Let us now develop our perturbation expansion. We assume that $\frac{e_{mk}}{E_m-E_k} \sim {\cal O}(\epsilon)$ for all $$m\neq k$$, where $$\epsilon\ll 1$$ is our expansion parameter. We also assume that $\frac{e_{mm}}{E_m}\sim {\cal O}(\epsilon)$ for all $$m$$. Let us search for a modified version of the $$n$$th unperturbed energy eigenstate for which $E = E_n + {\cal O}(\epsilon),$ and \begin{aligned} \langle n|E\rangle &= 1,\\[0.5ex] \langle m|E\rangle&={\cal O}(\epsilon)\end{aligned} for $$m\neq n$$. Suppose that we write out Equation ([e12.45]) for $$m\neq n$$, neglecting terms that are $${\cal O}(\epsilon^{\,2})$$ according to our expansion scheme.

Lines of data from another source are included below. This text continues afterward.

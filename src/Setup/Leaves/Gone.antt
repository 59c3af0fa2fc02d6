-- ===== src/Setup/Leaves/Gone.antt =====
-- What is left after an installation and a removal by setup/src/main.rs. A removal that is started from the program
-- folder copies itself to the temporary folder and hands over to the copy, which the run of the copy cannot delete
-- itself: the file is there until Windows restarts, and is not counted here.
use ak1_driver.Prelude.{
  ℕ, ◌≡◌, refl, sym, ap, ◌∙◌, inl, inr, Bool, true, false, ◌&&◌, not, List, [], ◌∷◌, ◌++◌,
  append-nil, Option, none, some, map, Bool-cases, Option-cases, ◌≢◌, arith,
}
use ak1_driver.Prelude.Text.{Text}
use ak1_driver.Setup.{
  FilePath, same_path, is_under, asio_dll, setup_program, Request, delete_driver, remove_dir,
  delete_uninstall_key, delete_at_restart, call, Result, ok, err, System, Action, Log,
}
use ak1_driver.Setup.Install.{Facts, join, installed, removed, install}
use ak1_driver.Setup.Uninstall.{certificate_of, hand_over, uninstall_from, uninstall}
use ak1_driver.Setup.Plan.{Does, Follows}
use ak1_driver.Setup.Plan.Steps.{package_names, install_steps, install-Does}
use ak1_driver.Setup.Plan.Removal.{
  unregister_steps, distrust_steps, removal_steps, uninstall_steps, uninstall_from-Does,
}
use ak1_driver.Setup.Leaves.{
  Files, IsConfined, Spares, Spares-map, change_all, is_own, change_all-append, change_all-Spares,
  install_steps-Spares,
}

whole_steps :
    {A : Type 0} (steps : List Request) (log : Log) (r : Result A × Log) (a : A)
    → Follows log steps r
    → r.0 ≡ ok a
    → r.1 ≡ log ++ steps
whole_steps {A} steps log (ok b, log') a f e =
    f.logged
    ∙ ap (λ s. log ++ s) (sym (f.split ∙ ap (λ s. f.asked ++ s) f.whole ∙ append-nil f.asked))
whole_steps steps log (err b, log') a f e = absurd (cc e)

-- The requests of an action that succeeds.
pub Does-whole :
    {A : Type 0} (steps : List Request) (m : Action A) (log : Log) (a : A)
    → Does steps m
    → (m log).0 ≡ ok a
    → (m log).1 ≡ log ++ steps
Does-whole steps m log a d e = whole_steps steps log (m log) a (d.at log) e

-- What a removal does to a file outside of the folder where `pnputil` keeps drivers.
module _ (store : Request → Files → Files) (windows : FilePath)
    (confined : IsConfined store windows) (p : FilePath)
    (outside : is_under p windows ≡ false) where
  deletes-Spares : (names : List Text) → Spares store p (map delete_driver names)
  deletes-Spares names =
      Spares-map store p delete_driver names
        (λ name files. confined (delete_driver name) files p outside)

  distrust_steps-Spares :
      (certificate : Option (List ℕ)) → Spares store p (distrust_steps certificate)
  distrust_steps-Spares none = tt
  distrust_steps-Spares (some contents) = ((λ b. refl), ((λ b. refl), ((λ b. refl), tt)))

  unregister_steps-Spares :
      (exists : Bool) (dll : FilePath) → Spares store p (unregister_steps exists dll)
  unregister_steps-Spares false dll = tt
  unregister_steps-Spares true dll = ((λ before. refl), tt)

  removal_lem :
      (facts : Facts) (files : Files)
      → change_all store (removal_steps facts) files p ≡ (
          not (is_under p facts.paths.driver)
          && (not (is_under p facts.paths.programs)
              && (not (same_path p facts.paths.shortcut) && files p)))
  removal_lem facts files =
      let unregistered = unregister_steps facts.dll_exists (join facts.paths.programs asio_dll) in
      let deleted = map delete_driver (package_names facts.drivers) in
      let distrusted = distrust_steps (certificate_of facts) in
      let last = remove_dir facts.paths.driver ∷ delete_uninstall_key ∷ [] in
      let first = λ (p : FilePath). not (same_path p facts.paths.shortcut) && files p in
      let second = λ (p : FilePath).
        not (is_under p facts.paths.programs) && change_all store unregistered first p in
      at_p (
        change_all-append store unregistered
          (remove_dir facts.paths.programs ∷ (deleted ++ (distrusted ++ last))) first)
      ∙ at_p (change_all-append store deleted (distrusted ++ last) second)
      ∙ at_p (change_all-append store distrusted last (change_all store deleted second))
      ∙ ap (λ b. not (is_under p facts.paths.driver) && b)
          (change_all-Spares store p distrusted (change_all store deleted second)
              (distrust_steps-Spares (certificate_of facts))
            ∙ change_all-Spares store p deleted second
                (deletes-Spares (package_names facts.drivers))
            ∙ ap (λ b. not (is_under p facts.paths.programs) && b)
                (change_all-Spares store p unregistered first
                  (unregister_steps-Spares facts.dll_exists (join facts.paths.programs asio_dll))))
    where
      at_p : {f g : Files} → f ≡ g → f p ≡ g p
      at_p e = ap (λ (f : Files). f p) e

  removal_own :
      (facts : Facts) (files : Files)
      → change_all store (removal_steps facts) files p ≡ (not (is_own facts.paths p) && files p)
  removal_own facts files = removal_lem facts files ∙ ground arith

hand_over-removed :
    (system : System) (exe temporary : FilePath) (log : Log) (restart : Bool)
    → (hand_over system exe temporary log).0 ≢ ok (removed restart)
unfolding hand_over call
hand_over-removed system exe temporary log restart = λ h. ground (arith, h)

module _ (store : Request → Files → Files) (windows : FilePath)
    (confined : IsConfined store windows) (p : FilePath) (outside : is_under p windows ≡ false)
    (facts : Facts) (exe : FilePath) where
  removal_begins :
      is_under exe facts.paths.programs ≡ false
      → (before : List Request) × ((uninstall_steps facts exe ≡ before ++ removal_steps facts)
          × Spares store p before)
  removal_begins h = elim (Bool-cases (same_path exe (join facts.temporary_folder setup_program))) [
    | inl e ↦ (delete_at_restart exe ∷ [], (rw h (rw e refl), ((λ before. refl), tt)))
    | inr e ↦ ([], (rw h (rw e refl), tt))
  ]

  not_handed_over :
      (system : System) (log : Log) (restart : Bool)
      → (uninstall_from system facts exe log).0 ≡ ok (removed restart)
      → is_under exe facts.paths.programs ≡ false
  unfolding uninstall_from
  not_handed_over system log restart h = elim (Bool-cases (is_under exe facts.paths.programs)) [
    | inr e ↦ e
    | inl e ↦ absurd (
        hand_over-removed system exe (join facts.temporary_folder setup_program) log restart
          (rw e at h))
  ]

  uninstall_from_files :
      (system : System) (log : Log) (restart : Bool) (files : Files)
      → (uninstall_from system facts exe log).0 ≡ ok (removed restart)
      → change_all store (uninstall_from system facts exe log).1 files p
        ≡ (not (is_own facts.paths p) && change_all store log files p)
  uninstall_from_files system log restart files h =
      let (before, (steps, spared)) = removal_begins (not_handed_over system log restart h) in
      let asked =
        Does-whole (uninstall_steps facts exe) (uninstall_from system facts exe) log
          (removed restart) (uninstall_from-Does system facts exe) h in
      ap (λ (l : Log). change_all store l files p) (asked ∙ ap (λ s. log ++ s) steps)
      ∙ ap (λ (f : Files). f p)
          (change_all-append store log (before ++ removal_steps facts) files
            ∙ change_all-append store before (removal_steps facts) (change_all store log files))
      ∙ removal_own store windows confined p outside facts
          (change_all store before (change_all store log files))
      ∙ ap (λ b. not (is_own facts.paths p) && b)
          (change_all-Spares store p before (change_all store log files) spared)

module _ (store : Request → Files → Files) (windows : FilePath)
    (confined : IsConfined store windows) (p : FilePath)
    (outside : is_under p windows ≡ false) where
  uninstall_files :
      (system : System) (facts : Facts) (log : Log) (restart : Bool) (files : Files)
      → (uninstall system facts log).0 ≡ ok (removed restart)
      → change_all store (uninstall system facts log).1 files p
        ≡ (not (is_own facts.paths p) && change_all store log files p)
  unfolding uninstall
  uninstall_files system facts log restart files h = elim (Option-cases facts.exe) [
    | inl e ↦ absurd (cc (rw (e, uninstall) at h))
    | inr (exe, e) ↦
        rw (e, uninstall)
          (uninstall_from_files store windows confined p outside facts exe system log restart files
            (rw (e, uninstall) at h))
  ]

  install_files_elsewhere :
      (system : System) (facts : Facts) (restart : Bool) (files : Files)
      → (install system facts []).0 ≡ ok (installed restart)
      → is_own facts.paths p ≡ false
      → change_all store (install system facts []).1 files p ≡ files p
  install_files_elsewhere system facts restart files h elsewhere =
      ap (λ (l : Log). change_all store l files p)
        (Does-whole (install_steps facts) (install system facts) [] (installed restart)
          (install-Does system facts) h)
      ∙ change_all-Spares store p (install_steps facts) files
          (install_steps-Spares store windows confined facts p outside elsewhere)

-- After a successful installation and a later successful removal that did not hand over to a copy, with the same
-- folders: outside of the folder where `pnputil` keeps drivers, whatever it does there, the files are those from
-- before the installation, but for the program's places, where none is left.
pub uninstall-install :
    (store : Request → Files → Files) (windows : FilePath)
    → IsConfined store windows
    → (system : System) (facts later : Facts) (restart restart' : Bool) (files : Files)
      (p : FilePath)
    → is_under p windows ≡ false
    → later.paths ≡ facts.paths
    → (install system facts []).0 ≡ ok (installed restart)
    → (uninstall system later (install system facts []).1).0 ≡ ok (removed restart')
    → change_all store (uninstall system later (install system facts []).1).1 files p
      ≡ (not (is_own facts.paths p) && files p)
uninstall-install store windows confined system facts later restart restart' files p outside same h
      h' =
    uninstall_files store windows confined p outside system later (install system facts []).1
      restart' files h'
    ∙ ap (λ paths. not (is_own paths p) && change_all store (install system facts []).1 files p)
        same
    ∙ (elim (Bool-cases (is_own facts.paths p)) [
      | inl e ↦ rw e refl
      | inr e ↦
          rw e (
            install_files_elsewhere store windows confined p outside system facts restart files h e)
    ])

We find that $(E_m-E_n)\,\langle m|E\rangle + e_{mn} \simeq 0,$ giving $\langle m|E\rangle \simeq - \frac{e_{mn}}{E_m-E_n}.$ Substituting the previous expression into Equation ([e12.45]), evaluated for $$m=n$$, and neglecting $${\cal O}(\epsilon^{\,3})$$ terms, we obtain $(E_n-E+e_{nn})-\sum_{k\neq n}\frac{|e_{nk}|^{\,2}}{E_k-E_n} \simeq 0.$ Thus, the modified $$n$$th energy eigenstate possesses an eigenvalue

$$E_{n}^{\prime}=E_{n}+e_{n n}+\sum_{k \neq n} \frac{\left|e_{n k}\right|^{2}}{E_{n}-E_{k}}+\mathcal{O}\left(\epsilon^{3}\right)$$ and a wavefunction

$\label{e12.57} \psi_n' = \psi_n + \sum_{k\neq n} \frac{e_{kn}}{E_n-E_k}\,\psi_k + {\cal O}(\epsilon^{\,2}).$ Incidentally, it is easily demonstrated that the modified eigenstates remain orthonormal to $${\cal O}(\epsilon^{\,2})$$.